Each October, in the atmosphere of Halloween and all the attendant witches, goblins, ghosts and skeletons, I am reminded of a ghost that resides in my own soul, a skeleton that lives in my own inner psyche’s closet.
I mentally wish a happy birthday to a child, who this year would be turning 18, legally an adult, except that this child was never born.
In 1997, I was a young married professional living in a new city, where my husband and I had no relatives and no real support system, when I came to the shocking realization that I was pregnant after a failed contraception.

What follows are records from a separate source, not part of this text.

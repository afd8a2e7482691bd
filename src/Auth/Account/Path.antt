-- ===== src/Auth/Account/Path.antt =====
-- Authentication/Backend.c: `resolve_demo_credential_path`. What `readlink` says of /proc/self/exe is
-- an argument, as is the size of the buffer, PATH_MAX.
use st5039cmd.Base.{
  ℕ, ◌+◌, ◌-◌, ◌<◌, ◌≡◌, false, List, [], ◌∷◌, ◌++◌, Option, none, some, length, take, take-short,
  length-append, ltb, leb, if◌then◌else◌, arith,
}
use st5039cmd.Base.CString.{codes, before_last_slash, IsName, before_last_slash-append}

-- CREDENTIALS_FILE_NAME.
abbrev pub credentials_file_name : List ℕ
credentials_file_name = codes "credentials.demo"

-- The path of the directory above, with its slash, in a buffer of `path_size` bytes.
unfoldable pub name_credentials : ℕ → Option (List ℕ) → Option (List ℕ)
name_credentials path_size none = none
name_credentials path_size (some front) =
    let directory = front ++ b'/' ∷ [] in
    if ltb (path_size - length directory) (length credentials_file_name + 1)
    then none
    else some (directory ++ credentials_file_name)

unfoldable pub parent_directory : Option (List ℕ) → Option (List ℕ)
parent_directory none = none
parent_directory (some path) = before_last_slash path

-- `readlink` writes at most `path_size - 1` bytes.
unfoldable pub resolve_demo_credential_path : ℕ → Option (List ℕ) → Option (List ℕ)
unfolding before_last_slash name_credentials parent_directory
resolve_demo_credential_path path_size none = none
resolve_demo_credential_path path_size (some link) =
    let path = take (path_size - 1) link in
    if leb (path_size - 1) (length path)
    then none
    else name_credentials path_size (parent_directory (before_last_slash path))

-- The program `ROOT/BUILD/NAME` reads `ROOT/credentials.demo`, if the two paths fit the buffer.
pub resolve_demo_credential_path_lem :
    (path_size : ℕ) (root build name : List ℕ)
    → IsName build
    → IsName name
    → length ((root ++ b'/' ∷ build) ++ b'/' ∷ name) + 1 < path_size
    → length root + 1 + length credentials_file_name < path_size
    → resolve_demo_credential_path path_size (some ((root ++ b'/' ∷ build) ++ b'/' ∷ name))
      ≡ some ((root ++ b'/' ∷ []) ++ credentials_file_name)
unfolding resolve_demo_credential_path name_credentials parent_directory
resolve_demo_credential_path_lem path_size root build name hb hn fits room =
    let front = root ++ b'/' ∷ build in
    let path = front ++ b'/' ∷ name in
    let whole : take (path_size - 1) path ≡ path = take-short _ path (omega arith) in
    let short : leb (path_size - 1) (length path) ≡ false = ground (arith, fits) in
    let directory = root ++ b'/' ∷ [] in
    let size : length directory ≡ length root + 1 = omega (arith, length-append root (b'/' ∷ [])) in
    let enough : ltb (path_size - length directory) (length credentials_file_name + 1) ≡ false =
      ground (arith, size, room) in
    rw (
      whole,
      short,
      before_last_slash-append front name hn,
      before_last_slash-append root build hb,
      enough,
    )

During the time I was unaware of my pregnancy, I underwent not one, but two medical tests that required radioactive isotopes be injected into my body. Since I had unknowingly exposed the fetus to high doses of radiation, I was told that I would be facing a high-risk pregnancy with a great likelihood of complications and birth defects.
Suddenly, my husband and I were faced with the most difficult decision of our lives: Continue down this new and thorny path we had suddenly found ourselves on, fraught with uncertainty and fear, or decide to have an abortion.
We were both young, in new careers that were very stressful and demanding, with not a lot of financial resources. This, combined with the above-mentioned lack of support system, made the choice, though incredibly difficult, pretty obvious to both of us. Ultimately, my husband left the final decision up to me: An abortion was our only viable solution.
Fortunately, the procedure went well, with no complications. And a little less than five years later, we were able to start the family we had always wanted, on our terms, and were blessed with a beautiful baby boy.
Fast forward almost 15 years later. Now divorced, my former spouse and I co-parent our child, sharing custody 50/50, and my relationship with my son has grown much stronger in the years since I became single.
It is for this reason, along with the recent controversy over cutting funding to Planned Parenthood clinics, that I decided it was time to come clean and tell my son about the choice I had made so many years before.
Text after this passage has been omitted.